Por Gilberto Alvarez Giusepone Jr. (*)
Nem bem terminávamos de compartilhar comentários aliviados, uma vez que chegava ao STF o pedido de declaração de inconstitucionalidade na tramitação dos projetos estaduais e municipais de implementação do projeto “Escola sem partido”, e a Câmara dos Deputados fez avançar sua peça “própria” de obscurantismo.
Mesmo na iminência de declaração de inconstitucionalidade teve início a tramitação que visa aprovar uma cartilha que estabelece os “deveres do professor” e que tem seu foco na chamada “inibição de doutrinamento político”.
O texto proíbe o uso da palavra “gênero” e observações relacionadas ao tema “orientação sexual”.
Seria o caso de se perguntar: após a aprovação do documento, no Brasil, os adjetivos deixarão de concordar com os substantivos em gênero, número e grau?
A insistência no tema, assumida com fervor pela “bancada BBB” (boi, bala, bíblia) se obstina em fazer dos componentes homofóbicos e misóginos os pontos de referência de uma atuação parlamentar que concentra tudo o que o País tem de mais preconceituoso.
Seus articuladores chegam ao cúmulo de argumentar que estão se pronunciando “em defesa da preservação da espécie”!
O fato é que a proposta vai ao plano minucioso dos detalhes e chega a indicar os parâmetros para que as escolas afixem cartazes expondo as “obrigações dos professores”.
Nesse aspecto, na indicação dos procedimentos “adequados” para denunciar o “professor doutrinador” desponta a “meta” de construir uma educação “neutra”, “subordinada à educação moral dos pais”, declarada no documento como “precedente, prioritária e insubstituível”.
Ironicamente, essa nova tramitação ganhou notoriedade no mesmo dia em que foi divulgada a cumplicidade dos presidentes da ditadura militar com o assassinato de oposicionistas.
Quanto a falta de conhecimento histórico colaborou para que nossa população oferecesse, como ofereceu, respaldo às ações mais abomináveis do Estado, em nome dos bons costumes?

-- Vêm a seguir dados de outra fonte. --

-- ===== src/VirtualStorage/Session/Ids.antt =====
-- The ids that `mount` gives: `m_mountIdCounter` of VirtualStorage.hpp.
use mathlib.Core.Option.{some-injective}
use libkvs.Prelude.{
  ℕ, ◌+◌, ◌<◌, ◌%◌, ◌^◌, ◌≡◌, sym, ap, ◌∙◌, Option, none, some, List, [], ◌∷◌, arith,
}
use libkvs.StorageRegistry.Interface.{
  AcquisitionStatus, k_acquired, k_volume_load_error, k_storage_load_error, RegistryImpl,
}
use libkvs.VirtualStorage.{MountOptions, StorageNode, NodePath, RemountOptions, mount_points}
use libkvs.VirtualStorage.Resolve.Laws.{node_at}
use libkvs.VirtualStorage.Mounting.{or_new, unmount_node}
use libkvs.VirtualStorage.Mounting.Unmount.{bind-some}
use libkvs.VirtualStorage.Tables.{find_id}
use libkvs.VirtualStorage.Session.{
  MountStatus, MountResult, UnmountStatus, State, release, acquired, remount_nodes, remount_all,
  remount_entry, attach, mount, mount_acquired, create_mount_result, detach, unmount, unmount_found,
}

module _ (G : RegistryImpl) where
  abbrev counter : State G → ℕ
  counter s = s.mount_id_counter

  remount_entry-counter :
      (entry : RemountOptions) (s s' : State G)
      → remount_entry G entry s ≡ some s'
      → counter s' ≡ counter s
  unfolding remount_entry
  remount_entry-counter entry s s' h =
      let options = entry.mount_options in
      let n = or_new (node_at s.root_node entry.node) in
      let (old, found, h1) = bind-some (find_id entry.mount_id (mount_points n)) _ s' h in
      let (gone, done, h2) =
        bind-some (unmount_node (release G) s.registry n old.storage_node) _ s' h1 in
      let (got, ok, h3) =
        bind-some
          (acquired G (
            G.acquire_storage gone.0 options.volume_file_path options.node_path
              options.hash_table_params))
          _ s' h2 in
      sym (ap counter (some-injective _ _ h3))

  remount_all-counter :
      (entries : List RemountOptions) (s s' : State G)
      → remount_all G entries s ≡ some s'
      → counter s' ≡ counter s
  unfolding remount_all
  remount_all-counter [] s s' h = sym (ap counter (some-injective _ _ h))
  remount_all-counter (entry ∷ entries) s s' h =
      let (s1, done, rest) = bind-some (remount_entry G entry s) _ s' h in
      remount_all-counter entries s1 s' rest ∙ remount_entry-counter entry s s1 done

  abbrev Takes : MountResult → State G → State G → Type 0
  Takes r s s' = (r.mount_id ≡ counter s) × (counter s' ≡ counter s + 1)

  mount_acquired-counter :
      (options : MountOptions) (s s' : State G) (r : MountResult)
      (a : Option (AcquisitionStatus × StorageNode) × G.State)
      → mount_acquired G options s a ≡ some (r, s')
      → r.status ≡ MountStatus.k_ok
      → counter s + 1 < 2 ^ 64
      → Takes r s s'
  unfolding mount_acquired remount_nodes attach create_mount_result
  mount_acquired-counter options s s' r (none, g) h ok room = absurd (cc h)
  mount_acquired-counter options s s' r (some (k_acquired, root), g) h ok room =
      let (s1, done, h1) =
        bind-some (remount_nodes G options (record s { registry = g })) _ (r, s') h in
      let same = some-injective _ _ h1 in
      let kept = remount_all-counter _ (record s { registry = g }) s1 done in
      let id : counter s1 ≡ r.mount_id = ap (λ (x : MountResult × State G). x.0.mount_id) same in
      let next : (counter s1 + 1) % 2 ^ 64 ≡ counter s' =
        ap (λ (x : MountResult × State G). counter x.1) same in
      (omega (arith, kept, id), omega (arith, kept, next))
  mount_acquired-counter options s s' r (some (k_volume_load_error, root), g) h ok room =
      let status : MountStatus.k_volume_load_error ≡ r.status =
        ap (λ (x : MountResult × State G). x.0.status) (some-injective _ _ h) in
      absurd (cc (status, ok))
  mount_acquired-counter options s s' r (some (k_storage_load_error, root), g) h ok room =
      let status : MountStatus.k_storage_load_error ≡ r.status =
        ap (λ (x : MountResult × State G). x.0.status) (some-injective _ _ h) in
      absurd (cc (status, ok))

  -- As long as the counter does not wrap around, a mount that succeeds gives its value and raises it.
  pub mount-counter :
      (options : MountOptions) (s s' : State G) (r : MountResult)
      → mount G options s ≡ some (r, s')
      → r.status ≡ MountStatus.k_ok
      → s.mount_id_counter + 1 < 2 ^ 64
      → (r.mount_id ≡ s.mount_id_counter) × (s'.mount_id_counter ≡ s.mount_id_counter + 1)
  unfolding mount
  mount-counter options s s' r h = mount_acquired-counter options s s' r _ h

  detach-counter :
      (id : ℕ) (path : NodePath) (s s' : State G)
      → detach G id path s ≡ some s'
      → counter s' ≡ counter s
  unfolding detach
  detach-counter id path s s' h =
      let n = or_new (node_at s.root_node path) in
      let (mp, found, h1) = bind-some (find_id id (mount_points n)) _ s' h in
      let (gone, done, h2) =
        bind-some (unmount_node (release G) s.registry n mp.storage_node) _ s' h1 in
      sym (ap counter (some-injective _ _ h2))

  unmount_found-counter :
      (id : ℕ) (o : Option NodePath) (s s' : State G) (status : UnmountStatus)
      → unmount_found G id o s ≡ some (status, s')
      → counter s' ≡ counter s
  unfolding unmount_found
  unmount_found-counter id none s s' status h =
      sym (ap (λ (x : UnmountStatus × State G). counter x.1) (some-injective _ _ h))
  unmount_found-counter id (some path) s s' status h =
      let (s1, done, h1) = bind-some (detach G id path s) _ (status, s') h in
      sym (ap (λ (x : UnmountStatus × State G). counter x.1) (some-injective _ _ h1))
      ∙ detach-counter id path s s1 done

  -- An unmount takes no id.
  pub unmount-counter :
      (id : ℕ) (s s' : State G) (status : UnmountStatus)
      → unmount G id s ≡ some (status, s')
      → s'.mount_id_counter ≡ s.mount_id_counter
  unfolding unmount
  unmount-counter id s s' status h = unmount_found-counter id _ s s' status h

Em sentido inverso: quanto o conhecimento histórico colaborou para que esses horrores fossem desvelados e, assim, se produzisse o digno sentido de “tortura nunca mais”?

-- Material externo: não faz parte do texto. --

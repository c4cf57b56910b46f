-- ===== src/LoadTest/OverVirtual.antt =====
-- The virtual storage (src/VirtualStorage.hpp) as the composite storage that the load test runs on, over
-- any registry and any storages. A read and a range of keys change nothing. Each operation takes the
-- clock's readings from the first one on.
use mathlib.Core.Option.{some-injective}
use libkvs.Prelude.{ℕ, ◌≡◌, refl, sym, ap, ◌∙◌, some}
use libkvs.Prelude.Int.{ℤ}
use libkvs.Value.{Value}
use libkvs.Key.{permanent}
use libkvs.Storage.{StorageImpl}
use libkvs.StorageRegistry.Interface.{RegistryImpl}
use libkvs.VirtualStorage.Values.{Heap, put_value, delete_value}
use libkvs.VirtualStorage.Mounting.{◌>>=◌}
use libkvs.VirtualStorage.Mounting.Unmount.{bind-some}
use libkvs.VirtualStorage.Session.{MountResult, UnmountStatus, State, mount, unmount}
use libkvs.VirtualStorage.Session.Ids.{mount-counter, unmount-counter}
use libkvs.LoadTest.Runner.{CompositeStorage}
use libkvs.LoadTest.Ledger.{CompositeLaws}

-- `value_of` is the value of a number of bytes that the runner writes.
module _ (G : RegistryImpl) (S : StorageImpl) (clock : ℕ → ℤ) (value_of : ℕ → Value) where
  -- The members of the virtual storage, and its storages.
  abbrev pub World : Type 0
  World = State G × Heap S

  abbrev pub virtual_storage : CompositeStorage
  virtual_storage = record {
    State = World;
    mount = λ o s. mount G o s.0 >>= λ r. some (r.0, (r.1, s.1));
    unmount = λ id s. unmount G id s.0 >>= λ r. some (r.0, (r.1, s.1));
    get_value = λ key path s. s;
    put_value = λ key path size s.
        (s.0, (put_value S clock s.0.root_node s.1 (permanent key path) (value_of size)).1);
    delete_value = λ key path s. (s.0, (delete_value S s.0.root_node s.1 (permanent key path)).1);
    get_keys_range = λ path offset count s. s;
  }

  -- The virtual storage keeps the laws on mount ids that the load test relies on.
  abbrev pub virtual_storage_laws : CompositeLaws virtual_storage
  virtual_storage_laws = record {
    next_id = λ s. s.0.mount_id_counter;
    mount_next = λ o s s' r e ok room.
        let (r1, done, e1) = bind-some (mount G o s.0) _ (r, s') e in
        let same = some-injective _ _ e1 in
        let result : r1.0 ≡ r = ap (λ (x : MountResult × World). x.0) same in
        let state : r1.1 ≡ s'.0 = ap (λ (x : MountResult × World). x.1.0) same in
        let (id, next) =
          mount-counter G o s.0 r1.1 r1.0 done (ap (λ (x : MountResult). x.status) result ∙ ok)
            room in
        (
          sym (ap (λ (x : MountResult). x.mount_id) result) ∙ id,
          sym (ap (λ (x : State G). x.mount_id_counter) state) ∙ next,
        );
    unmount_keeps = λ id s s' status e.
        let (r1, done, e1) = bind-some (unmount G id s.0) _ (status, s') e in
        let state : r1.1 ≡ s'.0 =
          ap (λ (x : UnmountStatus × World). x.1.0) (some-injective _ _ e1) in
        sym (ap (λ (x : State G). x.mount_id_counter) state)
        ∙ unmount-counter G id s.0 r1.1 r1.0 done;
    get_value_keeps = λ key path s. refl;
    put_value_keeps = λ key path size s. refl;
    delete_value_keeps = λ key path s. refl;
    get_keys_range_keeps = λ path offset count s. refl;
  }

O século 20 mostrou, com muitos exemplos, monstruosos exemplos, que as ações mais devastadoras contra a liberdade, contra a dignidade humana e até contra a própria vida de muitos, sempre, lamentavelmente contou com respaldo ou com a omissão de parte da sociedade.

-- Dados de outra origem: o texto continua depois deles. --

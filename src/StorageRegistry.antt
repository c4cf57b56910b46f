-- ===== src/StorageRegistry.antt =====
-- src/IStorageRegistry.hpp, linear_hashing/LinearHashStorageRegistry.hpp, LinearHashStorageRegistry.cpp:
-- which storages are in use, and how often. A volume is behind its interface (src/IVolume.hpp); a
-- pointer to a storage is a number.
pub mod Counting
pub mod Interface
mod Tests
use libkvs.Prelude.{
  ℕ, zero, suc, ◌^◌, ltb, ◌==◌, Bytes, bytes_eq, Bool, true, false, Option, none, some, List, [],
  ◌∷◌, ◌++◌, if◌then◌else◌,
}
use libkvs.StringUtils.{slash}
use libkvs.StorageRegistry.Interface.{
  AcquisitionStatus, k_acquired, k_volume_load_error, k_storage_load_error, ReleaseStatus,
  k_released, k_storage_not_found, acquisition_result, RegistryImpl,
}
use libkvs.VirtualStorage.Mounting.{◌>>=◌}
use libkvs.VirtualStorage.{
  HashTableParams, StorageNode, StorageNodes, storage_node, no_storage_nodes, storage_child,
}

-- IVolume: `open_volume` is the constructor with `isOk`, and `load` and `unload` are loadStorage and
-- unloadStorage; `none` is a failure. A failed load may change the volume too.
pub record VolumeImpl : Type 1 where
  pub Volume : Type 0
  pub open_volume : Bytes → Option Volume
  pub load : Volume → Bytes → HashTableParams → Option StorageNode × Volume
  pub unload : Volume → Bytes → Volume

-- The separator of the two parts of a key.
abbrev pub colon : ℕ
colon = b':'

-- volumeFilepath + ":" + nodePath
abbrev pub full_key : Bytes → Bytes → Bytes
full_key volume_filepath node_path = volume_filepath ++ colon ∷ node_path

-- fullKey.substr(0, delimPos); all of it if there is no colon.
unfoldable pub volume_part : Bytes → Bytes
volume_part [] = []
volume_part (c ∷ cs) = let rest = volume_part cs in if c == colon then [] else c ∷ rest

-- fullKey.substr(delimPos + 1); all of `whole` if there is no colon, since npos + 1 is 0.
unfoldable pub node_part : Bytes → Bytes → Bytes
node_part whole [] = whole
node_part whole (c ∷ cs) = let rest = node_part whole cs in if c == colon then cs else rest

-- m_storageCounters: the storage and the counter of each key.
abbrev pub Counters : Type 0
Counters = List (Bytes × (ℕ × ℕ))

unfoldable pub find_counter : Bytes → Counters → Option (ℕ × ℕ)
find_counter key [] = none
find_counter key ((j, c) ∷ cs) = if bytes_eq j key then some c else find_counter key cs

-- `emplace(key, {storage, 0})` where the key is missing, and `found->second.second++` on an int; `none`
-- is its overflow, which is undefined.
unfoldable pub increment : Bytes → ℕ → Counters → Option Counters
increment key storage [] = some ((key, (storage, 1)) ∷ [])
increment key storage ((j, (p, n)) ∷ cs) =
    let rest = increment key storage cs >>= λ cs'. some ((j, (p, n)) ∷ cs') in
    let raised = if ltb (suc n) (2 ^ 31) then some ((j, (p, suc n)) ∷ cs) else none in
    if bytes_eq j key then raised else rest

-- The counter of the key gets a new value.
unfoldable pub set_counter : Bytes → ℕ → Counters → Counters
set_counter key m [] = []
set_counter key m ((j, (p, n)) ∷ cs) =
    if bytes_eq j key then (j, (p, m)) ∷ cs else (j, (p, n)) ∷ set_counter key m cs

-- m_storageCounters.erase
unfoldable pub erase_counter : Bytes → Counters → Counters
erase_counter key [] = []
erase_counter key ((j, c) ∷ cs) =
    if bytes_eq j key then erase_counter key cs else (j, c) ∷ erase_counter key cs

-- m_storageKeys
abbrev pub StorageKeys : Type 0
StorageKeys = List (ℕ × Bytes)

unfoldable pub find_key : ℕ → StorageKeys → Option Bytes
find_key p [] = none
find_key p ((q, key) ∷ ks) = if q == p then some key else find_key p ks

-- m_storageKeys[storage] = key
unfoldable pub put_key : ℕ → Bytes → StorageKeys → StorageKeys
put_key p key [] = (p, key) ∷ []
put_key p key ((q, old) ∷ ks) = if q == p then (q, key) ∷ ks else (q, old) ∷ put_key p key ks

unfoldable pub erase_key : ℕ → StorageKeys → StorageKeys
erase_key p [] = []
erase_key p ((q, key) ∷ ks) = if q == p then erase_key p ks else (q, key) ∷ erase_key p ks

pub record Counted : Type 0 where
  pub storage_counters : Counters
  pub storage_keys : StorageKeys

abbrev pub is_none {ℓ} : {A : Type ℓ} → Option A → Bool
is_none none = true
is_none (some a) = false

-- One round of the private `acquireStorage`.
unfoldable pub count_storage : Bytes → ℕ → Counted → Option Counted
count_storage key storage r = increment key storage r.storage_counters >>= λ counters.
    some (record {
      storage_counters = counters;
      storage_keys =
          if is_none (find_counter key r.storage_counters)
          then put_key storage key r.storage_keys
          else r.storage_keys;
    })

-- The private `acquireStorage`: the node and all nodes below it.
unfoldable mutual
  pub acquire_node : StorageNode → Bytes → Bytes → Counted → Option Counted
  acquire_node (storage_node v p storage kids) volume_filepath node_path r =
      count_storage (full_key volume_filepath node_path) storage r
      >>= acquire_children kids volume_filepath node_path

  pub acquire_children : StorageNodes → Bytes → Bytes → Counted → Option Counted
  acquire_children no_storage_nodes volume_filepath node_path r = some r
  acquire_children (storage_child name child others) volume_filepath node_path r =
      acquire_node child volume_filepath (node_path ++ slash ∷ name) r
      >>= acquire_children others volume_filepath node_path

module _ (V : VolumeImpl) where
  pub record Registry : Type 0 where
    pub volumes : List (Bytes × V.Volume)
    pub counted : Counted

  unfoldable pub find_volume : Bytes → List (Bytes × V.Volume) → Option V.Volume
  find_volume path [] = none
  find_volume path ((j, v) ∷ vs) = if bytes_eq j path then some v else find_volume path vs

  unfoldable pub put_volume : Bytes → V.Volume → List (Bytes × V.Volume) → List (Bytes × V.Volume)
  put_volume path new [] = (path, new) ∷ []
  put_volume path new ((j, v) ∷ vs) =
      if bytes_eq j path then (j, new) ∷ vs else (j, v) ∷ put_volume path new vs

  -- The volume that is loaded already, or a new one.
  abbrev pub volume_for : Option V.Volume → Bytes → Option V.Volume
  volume_for none path = V.open_volume path
  volume_for (some v) path = some v

  -- A result, and the registry.
  abbrev pub Acquired : Type 0
  Acquired = Option (AcquisitionStatus × StorageNode) × Registry

  -- The result, once the storages are counted; their overflow has none.
  abbrev pub with_counted :
      StorageNode → List (Bytes × V.Volume) → Registry → Option Counted → Acquired
  with_counted root volumes r none = (none, r)
  with_counted root volumes r (some counted) =
      (acquisition_result (some root) k_acquired, record { volumes = volumes; counted = counted })

  pub acquire_loaded : Registry → Bytes → Bytes → Option StorageNode × V.Volume → Acquired
  unfolding put_volume acquisition_result
  acquire_loaded r path node_path (none, v) = (
    acquisition_result none k_storage_load_error,
    record r { volumes = put_volume path v r.volumes },
  )
  acquire_loaded r path node_path (some root, v) =
      with_counted root (put_volume path v r.volumes) r (acquire_node root path node_path r.counted)

  pub acquire_from : Registry → Bytes → Bytes → HashTableParams → Option V.Volume → Acquired
  unfolding acquire_loaded
  acquire_from r path node_path params none = (acquisition_result none k_volume_load_error, r)
  acquire_from r path node_path params (some v) =
      acquire_loaded r path node_path (V.load v node_path params)

  unfoldable pub acquire_storage : Registry → Bytes → Bytes → HashTableParams → Acquired
  unfolding acquire_from find_volume
  acquire_storage r path node_path params =
      acquire_from r path node_path params (volume_for (find_volume path r.volumes) path)

  -- The last use of a storage has ended: the volume unloads it.
  unload_storage : Registry → ℕ → Bytes → Option V.Volume → Option (ReleaseStatus × Registry)
  unload_storage r storage key none = none
  unload_storage r storage key (some v) = some (
    k_released,
    record {
      volumes = put_volume (volume_part key) (V.unload v (node_part key key)) r.volumes;
      counted = record {
        storage_counters = erase_counter key r.counted.storage_counters;
        storage_keys = erase_key storage r.counted.storage_keys;
      };
    },
  )

  release_counted : Registry → ℕ → Bytes → Option (ℕ × ℕ) → Option (ReleaseStatus × Registry)
  unfolding unload_storage
  release_counted r storage key none = none
  release_counted r storage key (some (p, zero)) = none
  release_counted r storage key (some (p, suc zero)) =
      unload_storage r storage key (find_volume (volume_part key) r.volumes)
  release_counted r storage key (some (p, suc (suc n))) = some (
    k_released,
    record r {
      counted = record {
        storage_counters = set_counter key (suc n) r.counted.storage_counters;
        storage_keys = r.counted.storage_keys;
      };
    },
  )

  release_keyed : Registry → ℕ → Option Bytes → Option (ReleaseStatus × Registry)
  unfolding release_counted
  release_keyed r storage none = some (k_storage_not_found, r)
  release_keyed r storage (some key) =
      release_counted r storage key (find_counter key r.counted.storage_counters)

  -- `none` is a failed assertion.
  unfoldable pub release_storage : Registry → ℕ → Option (ReleaseStatus × Registry)
  unfolding release_keyed
  release_storage r storage = release_keyed r storage (find_key storage r.counted.storage_keys)

  -- The registry as one of the interface.
  abbrev pub linear_hash_registry : RegistryImpl
  linear_hash_registry = record {
    State = Registry;
    acquire_storage = acquire_storage;
    release_storage = release_storage;
  }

O projeto “Escola sem partido” é, na verdade um projeto de escola de partido único. Por isso mesmo demonstra porque, em termos educacionais, é crucial lutar pela liberdade de opinião e pelas questões de gênero.
A misoginia não foi um componente essencial no golpe parlamentar vivido em 2016?
A gargalhada afrontosa, de homens e mulheres na abertura da Copa do Mundo, que se deliciavam com o espetáculo de um estádio de futebol insultando uma presidenta, avó, mãe, mulher não é exemplo suficiente para que saiamos em defesa não do direito, mas da obrigação de discutir assimetrias de gênero?
É impressionante que em tão pouco tempo tantos retrocessos estejam na ordem do dia.
Só não é impressionante que esses retrocessos sejam propostos em nome da moral e dos bons costumes. Sempre foi assim.
(*) Diretor do Cursinho da Poli e presidente da Fundação PoliSaber.